▶

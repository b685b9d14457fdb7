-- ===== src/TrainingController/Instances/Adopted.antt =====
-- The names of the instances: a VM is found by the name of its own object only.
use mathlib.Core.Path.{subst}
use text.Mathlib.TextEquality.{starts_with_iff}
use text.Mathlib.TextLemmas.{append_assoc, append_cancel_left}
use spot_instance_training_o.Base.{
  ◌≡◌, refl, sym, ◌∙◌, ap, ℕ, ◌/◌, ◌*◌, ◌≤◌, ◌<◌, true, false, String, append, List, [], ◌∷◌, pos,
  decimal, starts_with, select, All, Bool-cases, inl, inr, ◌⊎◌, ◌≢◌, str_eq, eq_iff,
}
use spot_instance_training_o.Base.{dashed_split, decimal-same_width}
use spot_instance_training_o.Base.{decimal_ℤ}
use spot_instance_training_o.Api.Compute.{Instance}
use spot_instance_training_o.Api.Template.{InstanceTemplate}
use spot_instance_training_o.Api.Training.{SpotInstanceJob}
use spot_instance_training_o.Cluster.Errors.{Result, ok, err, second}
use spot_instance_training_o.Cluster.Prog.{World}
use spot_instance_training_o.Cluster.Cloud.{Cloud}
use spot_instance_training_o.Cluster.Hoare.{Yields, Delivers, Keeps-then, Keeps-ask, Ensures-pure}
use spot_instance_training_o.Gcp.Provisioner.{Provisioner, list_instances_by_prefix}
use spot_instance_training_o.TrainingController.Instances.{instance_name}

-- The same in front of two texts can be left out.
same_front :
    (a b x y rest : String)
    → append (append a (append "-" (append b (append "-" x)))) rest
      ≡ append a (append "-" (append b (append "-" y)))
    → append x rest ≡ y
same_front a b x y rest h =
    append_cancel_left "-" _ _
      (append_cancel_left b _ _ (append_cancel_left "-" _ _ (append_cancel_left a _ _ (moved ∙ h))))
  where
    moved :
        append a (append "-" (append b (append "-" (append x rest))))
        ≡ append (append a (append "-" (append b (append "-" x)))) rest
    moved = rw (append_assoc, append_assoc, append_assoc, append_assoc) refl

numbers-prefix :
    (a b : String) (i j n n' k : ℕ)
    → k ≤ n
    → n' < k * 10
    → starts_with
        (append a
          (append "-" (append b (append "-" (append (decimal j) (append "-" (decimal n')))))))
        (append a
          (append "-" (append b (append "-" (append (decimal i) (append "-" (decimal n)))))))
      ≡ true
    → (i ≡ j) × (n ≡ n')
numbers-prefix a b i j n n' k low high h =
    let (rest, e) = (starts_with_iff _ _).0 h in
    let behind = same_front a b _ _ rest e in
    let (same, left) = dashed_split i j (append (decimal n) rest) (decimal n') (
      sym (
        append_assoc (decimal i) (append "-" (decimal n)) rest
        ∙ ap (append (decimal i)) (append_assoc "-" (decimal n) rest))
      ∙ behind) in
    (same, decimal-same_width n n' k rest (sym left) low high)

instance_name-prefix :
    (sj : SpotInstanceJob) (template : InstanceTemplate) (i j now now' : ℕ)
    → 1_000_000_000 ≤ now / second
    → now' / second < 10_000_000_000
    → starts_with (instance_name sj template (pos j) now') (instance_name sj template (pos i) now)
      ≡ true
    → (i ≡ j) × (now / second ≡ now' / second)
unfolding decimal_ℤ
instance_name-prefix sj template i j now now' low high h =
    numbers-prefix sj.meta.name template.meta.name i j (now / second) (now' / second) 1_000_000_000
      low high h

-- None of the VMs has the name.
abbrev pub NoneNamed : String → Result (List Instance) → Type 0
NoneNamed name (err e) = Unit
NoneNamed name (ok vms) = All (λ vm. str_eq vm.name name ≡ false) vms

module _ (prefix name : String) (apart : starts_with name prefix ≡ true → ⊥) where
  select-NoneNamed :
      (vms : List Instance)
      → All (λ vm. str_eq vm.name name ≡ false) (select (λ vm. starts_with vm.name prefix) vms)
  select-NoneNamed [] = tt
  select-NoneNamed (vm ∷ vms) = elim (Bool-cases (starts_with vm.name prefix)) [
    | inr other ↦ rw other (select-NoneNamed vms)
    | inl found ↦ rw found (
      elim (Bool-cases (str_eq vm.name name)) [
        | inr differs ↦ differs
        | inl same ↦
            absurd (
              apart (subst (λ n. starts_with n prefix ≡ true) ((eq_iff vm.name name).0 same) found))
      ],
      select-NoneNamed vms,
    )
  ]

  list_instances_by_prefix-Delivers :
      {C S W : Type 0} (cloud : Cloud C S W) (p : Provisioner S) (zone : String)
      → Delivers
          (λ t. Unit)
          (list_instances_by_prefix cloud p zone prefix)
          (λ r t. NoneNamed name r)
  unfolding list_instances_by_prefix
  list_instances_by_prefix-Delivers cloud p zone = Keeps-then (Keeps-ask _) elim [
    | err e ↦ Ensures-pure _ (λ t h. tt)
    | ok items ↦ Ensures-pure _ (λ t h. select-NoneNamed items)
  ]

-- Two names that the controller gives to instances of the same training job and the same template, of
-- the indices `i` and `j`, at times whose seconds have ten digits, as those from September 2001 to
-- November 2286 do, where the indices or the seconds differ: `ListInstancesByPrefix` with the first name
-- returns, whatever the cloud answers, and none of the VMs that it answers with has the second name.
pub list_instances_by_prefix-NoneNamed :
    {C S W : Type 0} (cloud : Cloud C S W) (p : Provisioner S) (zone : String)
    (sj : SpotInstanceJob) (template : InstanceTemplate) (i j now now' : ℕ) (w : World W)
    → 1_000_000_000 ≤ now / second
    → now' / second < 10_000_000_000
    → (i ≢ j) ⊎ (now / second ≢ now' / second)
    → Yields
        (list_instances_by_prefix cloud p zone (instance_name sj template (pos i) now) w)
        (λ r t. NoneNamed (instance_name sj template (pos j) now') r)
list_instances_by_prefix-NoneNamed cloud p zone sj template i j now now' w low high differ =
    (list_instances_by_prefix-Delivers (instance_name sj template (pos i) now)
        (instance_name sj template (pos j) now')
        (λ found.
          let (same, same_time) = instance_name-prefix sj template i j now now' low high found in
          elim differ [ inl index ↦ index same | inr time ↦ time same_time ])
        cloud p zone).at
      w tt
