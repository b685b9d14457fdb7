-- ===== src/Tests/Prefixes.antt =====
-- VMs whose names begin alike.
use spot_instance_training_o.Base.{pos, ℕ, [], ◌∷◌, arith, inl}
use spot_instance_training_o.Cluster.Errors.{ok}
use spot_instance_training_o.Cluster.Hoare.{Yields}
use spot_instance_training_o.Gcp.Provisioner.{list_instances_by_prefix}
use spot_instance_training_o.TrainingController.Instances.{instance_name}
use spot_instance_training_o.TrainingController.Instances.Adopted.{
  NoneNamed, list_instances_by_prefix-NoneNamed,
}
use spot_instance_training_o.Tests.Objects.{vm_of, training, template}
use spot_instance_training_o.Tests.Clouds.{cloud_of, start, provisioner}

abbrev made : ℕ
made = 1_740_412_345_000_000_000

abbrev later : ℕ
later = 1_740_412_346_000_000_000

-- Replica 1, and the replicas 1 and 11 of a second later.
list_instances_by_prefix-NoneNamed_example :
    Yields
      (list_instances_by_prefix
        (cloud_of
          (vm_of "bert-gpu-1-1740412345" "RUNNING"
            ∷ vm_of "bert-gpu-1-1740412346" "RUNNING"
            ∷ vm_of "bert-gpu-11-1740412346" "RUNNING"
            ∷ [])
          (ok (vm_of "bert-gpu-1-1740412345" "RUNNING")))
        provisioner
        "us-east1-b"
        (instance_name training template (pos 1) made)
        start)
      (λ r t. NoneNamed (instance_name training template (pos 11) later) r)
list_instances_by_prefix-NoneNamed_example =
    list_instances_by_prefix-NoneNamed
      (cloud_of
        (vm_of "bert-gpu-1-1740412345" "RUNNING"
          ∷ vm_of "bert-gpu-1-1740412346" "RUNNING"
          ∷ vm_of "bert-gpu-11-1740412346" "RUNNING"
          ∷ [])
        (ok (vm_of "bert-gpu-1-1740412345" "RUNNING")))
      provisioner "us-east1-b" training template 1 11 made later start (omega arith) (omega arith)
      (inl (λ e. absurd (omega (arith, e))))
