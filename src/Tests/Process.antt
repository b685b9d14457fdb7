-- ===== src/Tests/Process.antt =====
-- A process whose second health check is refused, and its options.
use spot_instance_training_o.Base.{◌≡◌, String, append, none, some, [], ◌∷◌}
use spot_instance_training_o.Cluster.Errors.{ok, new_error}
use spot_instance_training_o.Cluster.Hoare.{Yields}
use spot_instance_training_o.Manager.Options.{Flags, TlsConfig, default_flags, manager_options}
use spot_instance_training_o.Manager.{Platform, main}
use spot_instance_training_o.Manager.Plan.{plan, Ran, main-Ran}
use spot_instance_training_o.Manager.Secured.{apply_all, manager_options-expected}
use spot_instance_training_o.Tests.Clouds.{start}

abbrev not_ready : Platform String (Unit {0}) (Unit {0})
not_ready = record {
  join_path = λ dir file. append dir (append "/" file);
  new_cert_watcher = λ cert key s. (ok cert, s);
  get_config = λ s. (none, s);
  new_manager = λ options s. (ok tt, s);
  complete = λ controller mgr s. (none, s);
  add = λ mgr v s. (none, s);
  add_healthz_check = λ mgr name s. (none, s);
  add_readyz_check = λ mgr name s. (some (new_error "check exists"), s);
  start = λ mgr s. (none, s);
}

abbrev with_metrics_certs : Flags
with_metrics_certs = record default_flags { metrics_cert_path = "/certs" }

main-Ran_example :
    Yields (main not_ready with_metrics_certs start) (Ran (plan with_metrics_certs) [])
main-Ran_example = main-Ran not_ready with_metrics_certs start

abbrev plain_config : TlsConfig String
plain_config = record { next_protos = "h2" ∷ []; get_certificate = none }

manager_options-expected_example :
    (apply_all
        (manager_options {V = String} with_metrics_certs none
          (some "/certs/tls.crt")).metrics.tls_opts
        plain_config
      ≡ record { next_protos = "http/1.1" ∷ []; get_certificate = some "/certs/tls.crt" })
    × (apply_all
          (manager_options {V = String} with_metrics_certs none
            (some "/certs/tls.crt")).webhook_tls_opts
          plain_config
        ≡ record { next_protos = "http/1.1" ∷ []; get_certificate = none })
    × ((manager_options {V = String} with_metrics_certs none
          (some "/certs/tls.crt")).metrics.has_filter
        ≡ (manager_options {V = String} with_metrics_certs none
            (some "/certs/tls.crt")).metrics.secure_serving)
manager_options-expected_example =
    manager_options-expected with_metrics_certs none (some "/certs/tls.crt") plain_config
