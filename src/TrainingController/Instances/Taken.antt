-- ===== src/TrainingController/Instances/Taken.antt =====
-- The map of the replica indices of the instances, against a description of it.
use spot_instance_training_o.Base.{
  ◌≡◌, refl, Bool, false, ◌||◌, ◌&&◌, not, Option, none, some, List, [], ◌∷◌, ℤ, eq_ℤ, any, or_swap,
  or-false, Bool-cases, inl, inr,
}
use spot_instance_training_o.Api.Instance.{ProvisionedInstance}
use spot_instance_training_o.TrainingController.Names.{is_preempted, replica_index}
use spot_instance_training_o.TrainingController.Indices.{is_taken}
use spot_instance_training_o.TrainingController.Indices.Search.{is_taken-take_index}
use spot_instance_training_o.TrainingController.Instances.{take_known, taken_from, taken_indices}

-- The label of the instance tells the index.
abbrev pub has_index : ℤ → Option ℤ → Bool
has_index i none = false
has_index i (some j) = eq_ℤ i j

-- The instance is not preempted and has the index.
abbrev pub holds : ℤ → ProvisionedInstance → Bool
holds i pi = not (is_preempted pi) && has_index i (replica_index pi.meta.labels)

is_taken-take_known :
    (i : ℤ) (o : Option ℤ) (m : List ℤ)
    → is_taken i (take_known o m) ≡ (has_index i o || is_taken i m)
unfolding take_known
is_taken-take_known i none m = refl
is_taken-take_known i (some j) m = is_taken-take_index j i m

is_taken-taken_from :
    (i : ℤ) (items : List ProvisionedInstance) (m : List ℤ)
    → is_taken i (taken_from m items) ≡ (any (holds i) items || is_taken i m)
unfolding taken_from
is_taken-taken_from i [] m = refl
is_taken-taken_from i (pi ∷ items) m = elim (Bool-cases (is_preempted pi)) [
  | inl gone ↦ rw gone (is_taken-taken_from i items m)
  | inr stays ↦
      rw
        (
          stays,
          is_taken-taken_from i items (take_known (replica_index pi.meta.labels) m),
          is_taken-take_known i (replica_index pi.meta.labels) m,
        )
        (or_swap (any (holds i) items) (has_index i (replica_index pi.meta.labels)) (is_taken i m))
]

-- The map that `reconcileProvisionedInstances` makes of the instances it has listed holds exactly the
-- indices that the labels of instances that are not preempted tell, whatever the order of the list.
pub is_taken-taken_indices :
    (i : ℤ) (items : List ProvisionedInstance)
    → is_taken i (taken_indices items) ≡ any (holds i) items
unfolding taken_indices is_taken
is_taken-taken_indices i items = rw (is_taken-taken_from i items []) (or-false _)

◀

## WORK ORDER
Find "(λ r t. NoneNamed (instance_name training" in the entries above and copy that whole line exactly, then each line after it through the line that contains "arith) (omega arith)".

## SOLVED PROBLEM
      (λ r t. NoneNamed (instance_name training template (pos 11) later) r)
list_instances_by_prefix-NoneNamed_example =
    list_instances_by_prefix-NoneNamed
      (cloud_of
        (vm_of "bert-gpu-1-1740412345" "RUNNING"
          ∷ vm_of "bert-gpu-1-1740412346" "RUNNING"
          ∷ vm_of "bert-gpu-11-1740412346" "RUNNING"
          ∷ [])
        (ok (vm_of "bert-gpu-1-1740412345" "RUNNING")))
      provisioner "us-east1-b" training template 1 11 made later start (omega arith) (omega arith)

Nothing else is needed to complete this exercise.